| It seems you've decided that US hegemony is a "good thing" regardless of the moral implications for ourselves and the world. However, some find actions like the following to be dangerous, immoral, unnecessary: * "the US and Israel had the director assassinated" * "we won offshore drilling" * the blase assertion that a nuclear Iran is any worse than the existing nuclear powers (especially Israel!!!) "Energy security" is oil company nonsense, hilarious considering their tireless efforts to block any kind of clean alternative. The OPEC crisis saved us from gas guzzlers, and now we're back to having SUV's everywhere. We could use some "energy insecurity" but with fracking we're now an exporter. Oil forever!! Climate be damned. I disagree also with attempts to close off the discussion by saying "geopolitics are important." The US does not have to subvert governments, install dictators across the globe, prop up Saudi Arabia, blindly support Israel, be the muscle for Big Oil (and assassinate and imprison folks at home, too). The moral hazards that have created this situation are to blame, but it doesn't help that our leaders are as a group paranoid and uncreative, all too willing to let militaristic fascists (accurate, not name-calling here) drive their decision-making. Edward Snowden is a hero, full stop.
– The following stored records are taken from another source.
-- ===== src/Session/Build/Tracker.antt =====
-- The load tracker of the controller over one uLoadSession that looks a session up.
use utls.Base.{
  >>=-returned, ok-injective, if◌then◌else◌, sym, ap, ◌∙◌, Bool, true, false, ok, ◌≡◌, refl, arith,
}
use utls.Session.State.{UConn}
use utls.Session.Controller.Checks.{was_loaded}
use utls.Session.Controller.{
  should_load, utls_about_to_load_session, init_session_ticket_ext, set_session_ticket_to_u_conn,
  on_enter_load_session_check, on_load_session_return, init_psk_ext, set_psk_to_u_conn,
  should_update_binders,
}
use utls.Session.Build.{
  Found, nothing, old_session, tls13_session, LoadResult, load_failed, loaded, write_error,
  load_session, use_loaded, use_found, use_session, use_psk, act,
}

use_found_tracker :
    (found : Found) (u v : UConn)
    → was_loaded u.tracker ≡ true
    → use_found found u ≡ ok v
    → was_loaded v.tracker ≡ true
unfolding use_found use_session use_psk init_session_ticket_ext init_psk_ext
    set_session_ticket_to_u_conn set_psk_to_u_conn should_update_binders
use_found_tracker nothing u v l h = ground arith
use_found_tracker (old_session s t) u v l h = ground arith
use_found_tracker (tls13_session s early key ids fails) u v l h = ground arith

abbrev conn_of : LoadResult → UConn
conn_of (load_failed u) = u
conn_of (loaded u) = u

conn_of-if : (failed : Bool) (u : UConn) → conn_of (if failed then load_failed u else loaded u) ≡ u
conn_of-if true u = refl
conn_of-if false u = refl

return_tracker : (u v : UConn) → on_load_session_return u ≡ ok v → was_loaded v.tracker ≡ true
unfolding on_load_session_return
return_tracker u v h = ground arith

-- loadSession leaves the tracker at a value that says so.
load_session_tracker :
    (found : Found) (u : UConn) (r : LoadResult)
    → load_session found u ≡ ok r
    → was_loaded (conn_of r).tracker ≡ true
unfolding load_session
load_session_tracker found u r h =
    let (u₁, entered, rest) = >>=-returned (on_enter_load_session_check u) _ h in
    let (b, asked, rest') = >>=-returned (write_error found u₁) _ rest in
    let (u₂, left, is) = >>=-returned (on_load_session_return u₁) _ rest' in
    ap (λ t. was_loaded t.tracker) (ap conn_of (sym (ok-injective is)) ∙ conn_of-if b u₂)
    ∙ return_tracker u₁ u₂ left

use_loaded_tracker :
    (found : Found) (r : LoadResult) (v : UConn)
    → was_loaded (conn_of r).tracker ≡ true
    → use_loaded found r ≡ ok (loaded v)
    → was_loaded v.tracker ≡ true
unfolding use_loaded
use_loaded_tracker found (load_failed u) v l h = cc
use_loaded_tracker found (loaded u) v l h =
    let (w, used, is) = >>=-returned (use_found found u) _ h in
    let same : w ≡ v = cc in use_found_tracker found u v l (used ∙ ap ok same)

pub act_load_tracker :
    (found : Found) (u v : UConn)
    → act should_load found u ≡ ok (loaded v)
    → was_loaded v.tracker ≡ true
unfolding act
act_load_tracker found u v h =
    let (u₁, about, rest) = >>=-returned (utls_about_to_load_session u) _ h in
    let (r, was, used) = >>=-returned (load_session found u₁) _ rest in
    use_loaded_tracker found r v (load_session_tracker found u₁ r was) used
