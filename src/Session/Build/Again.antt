-- ===== src/Session/Build/Again.antt =====
-- What one call of uLoadSession does with a session, and what a second call does. BuildHandshakeState
-- calls it each time, then locks the controller.
use utls.Base.{
  ◌||◌, ◌<◌, ap, ◌∙◌, ℕ, Bool, true, false, [], some, none, Bytes, ok, panic, ◌≡◌, refl, arith,
}
use utls.Session.State.{
  Session, UConn, ControllerState, no_session, session_ticket_ext_initialized,
  session_ticket_ext_all_set, psk_ext_all_set, psk_ext_initialized, never_called,
  called_by_u_load_session, not_built, utls_psk, UtlsPsk, update,
}
use utls.Session.Extension.{
  initialize_ticket, version_tls12, is_some, initialize_psk, is_initialized, get_common,
  tls13_hash_size,
}
use utls.Session.Controller.Checks.{was_loaded}
use utls.Session.Controller.{
  should_load, should_return, should_load_session, utls_about_to_load_session, final_check,
  init_session_ticket_ext, set_session_ticket_to_u_conn, on_enter_load_session_check,
  on_load_session_return, init_psk_ext, set_psk_to_u_conn, should_update_binders,
}
use utls.Session.Build.{
  Found, old_session, loaded, u_load_session, load_session, act, cipher_suite_tls13_by_id,
}
use utls.Session.Build.Tracker.{act_load_tracker}

-- A connection whose ClientHello is not built and for which no session was looked up.
pub record IsFresh (u : UConn) : Type 0 where
  pub no_state : u.state ≡ no_session
  pub not_loaded : u.tracker ≡ never_called
  pub unlocked : u.locked ≡ false
  pub open_hello : u.build_status ≡ not_built

-- The connection that a cached TLS 1.2 session leads to, with the ticket extension at `p`.
abbrev resumed_12 : UConn → ℕ → Session → Bytes → UConn
resumed_12 u p s t = record u {
  tickets = update u.tickets p (record { session = some s; ticket = some t; initialized = true });
  session = some s;
  hello_session_ticket = some t;
  state = session_ticket_ext_all_set;
  tracker = called_by_u_load_session;
  calling_load_session = false;
}

load_tls12-run :
    (u : UConn) (p : ℕ) (s : Session) (t : Bytes)
    → IsFresh u
    → u.session_ticket_ext ≡ some p
    → (u.tickets p).initialized ≡ false
    → s.version ≡ version_tls12
    → u_load_session true (old_session s (some t)) u ≡ ok (loaded (resumed_12 u p s t))
unfolding u_load_session should_load_session utls_about_to_load_session load_session
    on_enter_load_session_check on_load_session_return init_session_ticket_ext initialize_ticket
    set_session_ticket_to_u_conn
load_tls12-run u p s t f e i v = ground arith

-- A fresh connection with a ticket extension that is not initialised and a TLS 1.2 session in the
-- cache: uLoadSession gives the session and its ticket to the extension, the connection and the
-- hello, and does not panic or return an error.
pub u_load_session-tls12 :
    (u : UConn) (p : ℕ) (s : Session) (t : Bytes)
    → IsFresh u
    → u.session_ticket_ext ≡ some p
    → (u.tickets p).initialized ≡ false
    → s.version ≡ version_tls12
    → u_load_session true (old_session s (some t)) u ≡ ok (loaded (resumed_12 u p s t))
u_load_session-tls12 u p s t f e i v = load_tls12-run u p s t f e i v

fresh_decision :
    (u : UConn)
    → IsFresh u
    → (is_some u.session_ticket_ext || is_some u.psk_extension) ≡ true
    → should_load_session u ≡ should_load
unfolding should_load_session
fresh_decision u f e = ground arith

loaded_decision : (u : UConn) → was_loaded u.tracker ≡ true → should_load_session u ≡ should_return
unfolding should_load_session
loaded_decision u l = ground arith

locked_same : (u v : UConn) → final_check u ≡ ok v → v.tracker ≡ u.tracker
unfolding final_check
locked_same u v h = ground arith

-- A fresh connection with a session extension looks its session up once: after a uLoadSession that
-- returns without a panic or an error and the final check, every further uLoadSession returns at once,
-- without an error, and changes nothing, whatever the cache then holds.
pub u_load_session_once :
    (u v w : UConn) (found later : Found)
    → IsFresh u
    → (is_some u.session_ticket_ext || is_some u.psk_extension) ≡ true
    → u_load_session true found u ≡ ok (loaded v)
    → final_check v ≡ ok w
    → u_load_session true later w ≡ ok (loaded w)
unfolding u_load_session act
u_load_session_once u v w found later f e h k =
    let first = act_load_tracker found u v (rw (fresh_decision u f e) at h) in
    rw (loaded_decision w (ap was_loaded (locked_same v w k) ∙ first))

abbrev pub is_preset : ControllerState → Bool
is_preset no_session = false
is_preset session_ticket_ext_initialized = true
is_preset session_ticket_ext_all_set = false
is_preset psk_ext_initialized = true
is_preset psk_ext_all_set = false

-- When the application has set an initialised ticket or psk extension before the first build, the
-- second uLoadSession panics: no session was looked up, so it decides to load one into a controller
-- that is locked and has one.
pub u_load_session_preset_panics :
    (u v w : UConn) (found later : Found)
    → is_preset u.state ≡ true
    → was_loaded u.tracker ≡ false
    → (is_some u.session_ticket_ext || is_some u.psk_extension) ≡ true
    → u_load_session true found u ≡ ok (loaded v)
    → final_check v ≡ ok w
    → u_load_session true later w ≡ panic
unfolding u_load_session act should_load_session set_session_ticket_to_u_conn set_psk_to_u_conn
    final_check utls_about_to_load_session
u_load_session_preset_panics u v w found later p l e h k = ground arith

abbrev with_old_session : UConn → ℕ → UtlsPsk → Session → UConn
with_old_session u p e s = record u {
  psks = update u.psks p (
      utls_psk (record e {
        common = record {
          identities = [];
          binders = [];
          binder_key = [];
          early_secret = [];
          session = some s;
        };
        suite_hash_size = tls13_hash_size s.cipher_suite;
      }));
  session = some s;
  early_secret = [];
  binder_key = [];
  hello_psk_identities = [];
  hello_psk_binders = [];
  psk_binder_key = [];
  psk_cipher_suite = cipher_suite_tls13_by_id s.cipher_suite;
  state = psk_ext_all_set;
  tracker = called_by_u_load_session;
  calling_load_session = false;
}

-- A cached session of TLS 1.0 or 1.1 that meets an uninitialised psk extension is put into it as if it
-- were a TLS 1.3 session: the connection ends in the psk state with that session and no identity.
pub u_load_session-old_version :
    (u : UConn) (p : ℕ) (e : UtlsPsk) (s : Session) (t : Bytes)
    → IsFresh u
    → u.psk_extension ≡ some p
    → u.psks p ≡ utls_psk e
    → e.common.session ≡ none
    → u.hello_psk_identities ≡ []
    → s.version < version_tls12
    → (v : UConn) × (u_load_session true (old_session s (some t)) u ≡ ok (loaded v))
      × (v.state ≡ psk_ext_all_set)
      × (v.session ≡ some s)
      × (v.hello_psk_identities ≡ [])
unfolding u_load_session should_load_session utls_about_to_load_session load_session
    on_enter_load_session_check on_load_session_return init_psk_ext initialize_psk is_initialized
    set_psk_to_u_conn should_update_binders get_common
u_load_session-old_version u p e s t f q r n i v =
    (with_old_session u p e s, ground arith, refl, refl, refl)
You can't do enough damage to the NSA, these types must be resisted at all times. |
Nah that's not what I think or believe.
I'm trying to explain broader context. The US is not hacking in a vacuum. It has to make strategic decisions. We can arm chair the US strategic command all we want.
There seems to be a presumption that the US is doing these things 'just because'. What I believe is that the US is making decisions based on incentives, costs, benefits and other tradeoffs. I believe that if we don't participate in cyber intelligence warfare, we'll lose.
There are certain principles I don't want to give up in the process for sure - civil liberties of all people everyone is #1.